Según explica el músico, productor y DJ marroquí Abdellah M. Hassack, alias Guedra Guedra, “antes de la colonización europea de África, las fronteras entre los países como hoy las conocemos no existían. Es por este motivo por lo que las experiencias sociales y musicales siguen tan entrelazas en gran parte del continente”. Dice todo eso porque en su nuevo trabajo para el sello británico Smugglers Way, la rama más experimental de Domino, se ha dedicado a viajar por diferentes zonas para realizar grabaciones de campo que son la base de su segundo álbum, “MUTANT”, en el que adapta su visión panafricana a un concepto electrónico que mira tanto a las pistas de baile como a la abstracción sonora. Y es que, según afirma, para él la música electrónica “más que un género, es un nuevo lenguaje”.
La inmersión en culturas locales de países del oeste y del este de África le ha servido para identificar trazos comunes en la rica variedad de las tradiciones. Su trabajo de campo en Egipto, Mauritania, Senegal, Tanzania, Túnez y Guinea, con el grabador digital Zoom H4 y su iPhone, incluye tanto cánticos e instrumentos como el ruido de pobladas calles o sonidos atmosféricos; es un material que le sirve de base en sus transformaciones sintéticas con loops, glitches y experimentación imaginativa, siguiendo el principio de un antiguo proverbio aprendido de su abuela que, traducido del marroquí, sería “lo nuevo es bueno, pero nunca abandones lo viejo”. Según afirma, “esa sabiduría me ha acompañado en todo lo que hago. Cada voz, cada entorno, cada sonido accidental forma parte de una historia más amplia sobre quiénes somos y cómo llegamos a serlo”.
El primer tema, “Drift Of Drummer”, se basa en lo que escuchó en Kouroussa, una pequeña ciudad del norte de Guinea. Así, los polirritmos del djembe se entrelazan con ritmos programados, sintetizadores opacos, voces sampleadas y soundscapes de una megalópolis hasta lograr una contundente y convincente pieza de global bass. Por su parte, “Paradigm” se levanta sobre los cantos de llamada y respuesta de los pueblos masái, que, unidos a las percusiones, tejen un tapiz sobre el que superpone ritmos house y capas sintéticas para lograr un híbrido apto para la pista de baile y también válido para el chill out lounge.

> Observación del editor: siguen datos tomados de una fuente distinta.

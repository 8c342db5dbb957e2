-- ===== src/Db/Mappings/Held.antt =====
-- Which pairs of an application and an indexer the mapping table holds.
use oxidarr.Common.{
  ℕ, ◌≡◌, refl, Bool, true, not, ◌&&◌, ◌||◌, List, [], ◌∷◌, any, filter, ◌==◌, arith, ◌∙◌, ap,
  subst,
}
use oxidarr.Common.Outcome.{ok, map_all, >>=-eq-ok}
use oxidarr.Common.Act.{Yields, Yields-bind, Yields-imp, Yields-lift}
use oxidarr.Common.Unique.{any-append}
use oxidarr.Db.Rows.{StoredMapping, MappingRow, row_to_mapping, row_id_to_i32, remote_id_to_i32}
use oxidarr.Db.Conn.{Tables, Conn, Disk, order_by, insert_by}
use oxidarr.Db.Statements.{statement-Yields}
use oxidarr.Db.Mappings.{is_pair, overwrite, to_stored, upsert, remove_pair, set, delete, for_app}

abbrev pub holds : Tables → ℕ → ℕ → Bool
holds t app indexer = any (is_pair app indexer) t.mappings

held-overwrite :
    (row : MappingRow) (ms : List StoredMapping) (app indexer : ℕ)
    → any (is_pair app indexer) (overwrite row ms) ≡ any (is_pair app indexer) ms
unfolding overwrite
held-overwrite row [] app indexer = refl
held-overwrite row (m ∷ rest) app indexer = ground (arith, held-overwrite row rest app indexer)

pair_found :
    (ms : List StoredMapping) (app indexer app' indexer' : ℕ)
    → (app == app' && indexer == indexer') ≡ true
    → any (is_pair app indexer) ms ≡ any (is_pair app' indexer') ms
pair_found [] app indexer app' indexer' h = refl
pair_found (m ∷ ms) app indexer app' indexer' h =
    ground (arith, pair_found ms app indexer app' indexer')

pub holds-upsert :
    (row : MappingRow) (t : Tables) (u : Unit {0}) (t' : Tables) (app indexer : ℕ)
    → upsert row t ≡ ok (u, t')
    → holds t' app indexer ≡ (row.app_id == app && row.indexer_id == indexer || holds t app indexer)
unfolding upsert
holds-upsert row t u t' app indexer h = ground (
  arith,
  h,
  held-overwrite row t.mappings app indexer,
  pair_found t.mappings row.app_id row.indexer_id app indexer,
  any-append (is_pair app indexer) t.mappings (to_stored row ∷ []),
)

pub holds-remove_pair :
    (app' indexer' : ℕ) (ms : List StoredMapping) (app indexer : ℕ)
    → any (is_pair app indexer) (filter (λ m. not (is_pair app' indexer' m)) ms)
      ≡ (not (app' == app && indexer' == indexer) && any (is_pair app indexer) ms)
holds-remove_pair app' indexer' [] app indexer = ground arith
holds-remove_pair app' indexer' (m ∷ rest) app indexer =
    ground (arith, holds-remove_pair app' indexer' rest app indexer)

any-insert_by :
    {A : Type 0} (key : A → ℕ) (p : A → Bool) (a : A) (xs : List A)
    → any p (insert_by key a xs) ≡ (p a || any p xs)
unfolding insert_by
any-insert_by key p a [] = refl
any-insert_by key p a (b ∷ xs) = ground (arith, any-insert_by key p a xs)

pub any-order_by :
    {A : Type 0} (key : A → ℕ) (p : A → Bool) (xs : List A) → any p (order_by key xs) ≡ any p xs
unfolding order_by
any-order_by key p [] = refl
any-order_by key p (a ∷ xs) =
    any-insert_by key p a (order_by key xs) ∙ ap (λ b. p a || b) (any-order_by key p xs)

any-filter_app :
    (app indexer : ℕ) (ms : List StoredMapping)
    → any (λ m. m.indexer_id == indexer) (filter (λ m. m.app_id == app) ms)
      ≡ any (is_pair app indexer) ms
any-filter_app app indexer [] = refl
any-filter_app app indexer (m ∷ ms) = ground (arith, any-filter_app app indexer ms)

same_indexer :
    (m : StoredMapping) (row : MappingRow)
    → row_to_mapping m ≡ ok row
    → row.indexer_id ≡ m.indexer_id
unfolding row_to_mapping row_id_to_i32 remote_id_to_i32
same_indexer m row h = ground (arith, h)

row_to_mapping-any :
    (indexer : ℕ) (ms : List StoredMapping) (rows : List MappingRow)
    → map_all row_to_mapping ms ≡ ok rows
    → any (λ m. m.indexer_id == indexer) rows ≡ any (λ m. m.indexer_id == indexer) ms
row_to_mapping-any indexer [] rows h = ground (arith, h)
row_to_mapping-any indexer (m ∷ ms) rows h =
    let (row, e, h1) = >>=-eq-ok (row_to_mapping m) _ h in
    let (rest, f, h2) = >>=-eq-ok (map_all row_to_mapping ms) _ h1 in
    ground (arith, h2, same_indexer m row e, row_to_mapping-any indexer ms rest f)

module _ (disk : Disk) (conn : Conn) where
  -- The mappings that a successful `for_app` lists are those that the table holds, and it only
  -- reads.
  pub for_app-holds :
      (app : ℕ)
      → Yields (for_app disk app) conn (λ rows c.
        (c.tables ≡ conn.tables)
        × ((indexer : ℕ) → any (λ m. m.indexer_id == indexer) rows ≡ holds conn.tables app indexer))
  unfolding for_app
  for_app-holds app =
      Yields-bind _ _ (statement-Yields disk (λ t. ok (selected t, t)) conn) λ stored c e.
        Yields-lift (map_all row_to_mapping stored) λ rows f. (
          ground (arith, e),
          λ indexer.
              row_to_mapping-any indexer stored rows f
              ∙ subst (λ xs. any (λ m. m.indexer_id == indexer) xs ≡ holds conn.tables app indexer)
                  {x = selected conn.tables} (ground (arith, e))
                  (any-order_by (λ m. m.indexer_id) (λ m. m.indexer_id == indexer)
                      (filter (λ m. m.app_id == app) conn.tables.mappings)
                    ∙ any-filter_app app indexer conn.tables.mappings),
        )
    where
      selected : Tables → List StoredMapping
      selected t = order_by (λ m. m.indexer_id) (filter (λ m. m.app_id == app) t.mappings)

  pub set-holds :
      (row : MappingRow) (app indexer : ℕ)
      → Yields (set disk row) conn (λ u c.
        holds c.tables app indexer
        ≡ (row.app_id == app && row.indexer_id == indexer || holds conn.tables app indexer))
  unfolding set
  set-holds row app indexer =
      Yields-imp _ (statement-Yields disk (upsert row) conn)
        λ u c e. holds-upsert row conn.tables u c.tables app indexer e

  pub delete-holds :
      (app' indexer' app indexer : ℕ)
      → Yields (delete disk app' indexer') conn (λ u c.
        holds c.tables app indexer
        ≡ (not (app' == app && indexer' == indexer) && holds conn.tables app indexer))
  unfolding delete remove_pair
  delete-holds app' indexer' app indexer =
      Yields-imp _ (statement-Yields disk (remove_pair app' indexer') conn)
        λ u c e. ground (arith, e, holds-remove_pair app' indexer' conn.tables.mappings app indexer)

Pero lejos de querer usar los samples como algo extractivista o de utilizar la música tradicional como una fuente exótica, la pretensión de Guedra Guedra es la de “dejar que el pasado le hable al futuro con su propia voz” y de “desafiar el dominio de las estructuras musicales y los sistemas de afinación occidentales” para dar cabida a una música africana “que exista en sus propios términos”. Su mismo nombre artístico hace referencia a la guedra, una danza tradicional del Sáhara que utiliza como elemento percutivo una olla de barro cubierta con piel de cabra, siendo “el nombre de un instrumento y de un ritual; una forma de reunir a la gente, crear ritmo y transmitir historias”.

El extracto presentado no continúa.